Oh I will I almost did it today but I didn't know there was that much interest in pics of him at work. Honestly I work out 1.5 hrs and he comes in 15 minutes after me and leaves 30 minutes before me, don't see how it's possible to be that size and only spend 30-40 minutes a day in the gym. He walks like a old man so I can testify his back is probly fucked up. I know when I have hard days roofing I walk around like I have a stick up my ass.


----------



## FordFan (Dec 26, 2011)

Wow. This is funny, yet pretty cool.

Pics, pics.


----------



## Boomer182 (Dec 26, 2011)

Fordfan it may not happen this week but I will get those pics.
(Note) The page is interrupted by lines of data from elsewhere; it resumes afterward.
-- ===== src/Transactions.antt =====
-- src/ipc_lib.rs: the tags of the messages, and the first output of a message's transaction, whose
-- data starts with the tag.
pub mod Fund
pub mod Stake
pub mod Signed
pub mod Sent
pub mod Witness
pub mod Tags
pub mod Roundtrip
pub mod Signatures
pub mod Exclusive
use bitcoin_ipc.Prelude.{
  ℕ, ◌==◌, Bool, not, Option, none, some, List, [], ◌∷◌, length, if◌then◌else◌,
}
use bitcoin_ipc.Result.{
  Result, ok, err, ◌>>=◌, ◌>>◌, ok_or, fail_if, not_enough_outputs, not_op_return,
  data_length_mismatch, invalid_tag, unparsed_address, subnet_not_found,
}
use bitcoin_ipc.Types.{Address, Amount, TxOut, Script, op_return, pay_to, XOnlyPublicKey}
use bitcoin_ipc.Bytes.{front, same_bytes}
use bitcoin_ipc.Subnet.{SubnetState}
use bitcoin_ipc.Db.{Db, get_subnet_by_multisig_address}
use bitcoin_ipc.Checkpoint.Read.{address_of}

-- What the bitcoin and secp256k1 crates give: the first data that a script pushes, the numbers that
-- are keys, the least amount of an output at the fee rate, SHA-256, and the check of a Schnorr
-- signature on a digest.
pub record Crates : Type 0 where
  pub pushed : Script → Option (List ℕ)
  pub is_key : ℕ → Bool
  pub minimal_non_dust_custom : Script → Amount
  pub sha256 : List ℕ → ℕ
  pub verify_schnorr : List ℕ → ℕ → XOnlyPublicKey → Bool

-- `IPC_TAG_LENGTH`
abbrev pub ipc_tag_length : ℕ
ipc_tag_length = 6

pub data IpcTag : Type 0 where
  create_subnet join_subnet prefund_subnet fund_subnet checkpoint_subnet : IpcTag
  batch_transfer stake_collateral unstake_collateral kill_subnet : IpcTag

-- The bytes of "IPCCRT", "IPCJOI", "IPCPFD", "IPCFND", "IPCCPT", "IPCTFR", "IPCSTK", "IPCUST" and
-- "IPCKIL".
unfoldable pub as_str : IpcTag → List ℕ
as_str create_subnet = 73 ∷ 80 ∷ 67 ∷ 67 ∷ 82 ∷ 84 ∷ []
as_str join_subnet = 73 ∷ 80 ∷ 67 ∷ 74 ∷ 79 ∷ 73 ∷ []
as_str prefund_subnet = 73 ∷ 80 ∷ 67 ∷ 80 ∷ 70 ∷ 68 ∷ []
as_str fund_subnet = 73 ∷ 80 ∷ 67 ∷ 70 ∷ 78 ∷ 68 ∷ []
as_str checkpoint_subnet = 73 ∷ 80 ∷ 67 ∷ 67 ∷ 80 ∷ 84 ∷ []
as_str batch_transfer = 73 ∷ 80 ∷ 67 ∷ 84 ∷ 70 ∷ 82 ∷ []
as_str stake_collateral = 73 ∷ 80 ∷ 67 ∷ 83 ∷ 84 ∷ 75 ∷ []
as_str unstake_collateral = 73 ∷ 80 ∷ 67 ∷ 85 ∷ 83 ∷ 84 ∷ []
as_str kill_subnet = 73 ∷ 80 ∷ 67 ∷ 75 ∷ 73 ∷ 76 ∷ []

-- The arms of the match, in their order.
abbrev first_match : List IpcTag → List ℕ → Option IpcTag
first_match [] s = none
first_match (tag ∷ tags) s = if same_bytes s (as_str tag) then some tag else first_match tags s

unfoldable pub from_str : List ℕ → Option IpcTag
unfolding as_str same_bytes
from_str = first_match (
    create_subnet ∷ join_subnet ∷ prefund_subnet ∷ fund_subnet ∷ checkpoint_subnet ∷ batch_transfer
    ∷ stake_collateral ∷ unstake_collateral ∷ kill_subnet ∷ [])

-- `tx.output[0]` and `tx.output[1]`, where there are at least two.
unfoldable pub two_outputs : List TxOut → Result (TxOut × TxOut)
two_outputs (first ∷ second ∷ rest) = ok (first, second)
two_outputs _ = err not_enough_outputs

-- The checks that every message makes on its first output: its data, and the second output.
unfoldable pub tagged_data : Crates → IpcTag → ℕ → List TxOut → Result (List ℕ × TxOut)
unfolding two_outputs as_str front same_bytes
tagged_data x tag data_len outs = do
  two ← two_outputs outs
  bytes ← ok_or (x.pushed two.0.script_pubkey) not_op_return
  fail_if (not (length bytes == data_len)) data_length_mismatch
  fail_if (not (same_bytes (front ipc_tag_length bytes) (as_str tag))) invalid_tag
  ok (bytes, two.1)

-- The subnet whose committee the second output pays.
unfoldable pub paid_subnet : Db → TxOut → Result SubnetState
paid_subnet db txout = do
  multisig_address ← ok_or (address_of txout.script_pubkey) unparsed_address
  ok_or (get_subnet_by_multisig_address db multisig_address) subnet_not_found

-- `make_op_return_script` with its least value.
unfoldable pub data_tx_out : Crates → List ℕ → TxOut
data_tx_out x op_return_data = record {
  value = x.minimal_non_dust_custom (op_return op_return_data);
  script_pubkey = op_return op_return_data;
}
I am working out of town the next 4 days and he doesn't work out on the weekends


----------



## Boomer182 (Dec 27, 2011)

Gym time hopefully he is there, and I will snap pics of him.


----------



## murf23 (Dec 27, 2011)

Take your time bro just dont get caught . The gym owner will surely throw ya out and Im sure it would annoy the big guy .


p.s.  Nice status bro lol


----------



## murf23 (Dec 27, 2011)

^^^^^^ Its just funny bro. C'mon bro don't be a prick with everything . Its kool to be going to the same gym as Big Ron and its funny that boomer is stalking him for us . Dont take everything on this forum so serious .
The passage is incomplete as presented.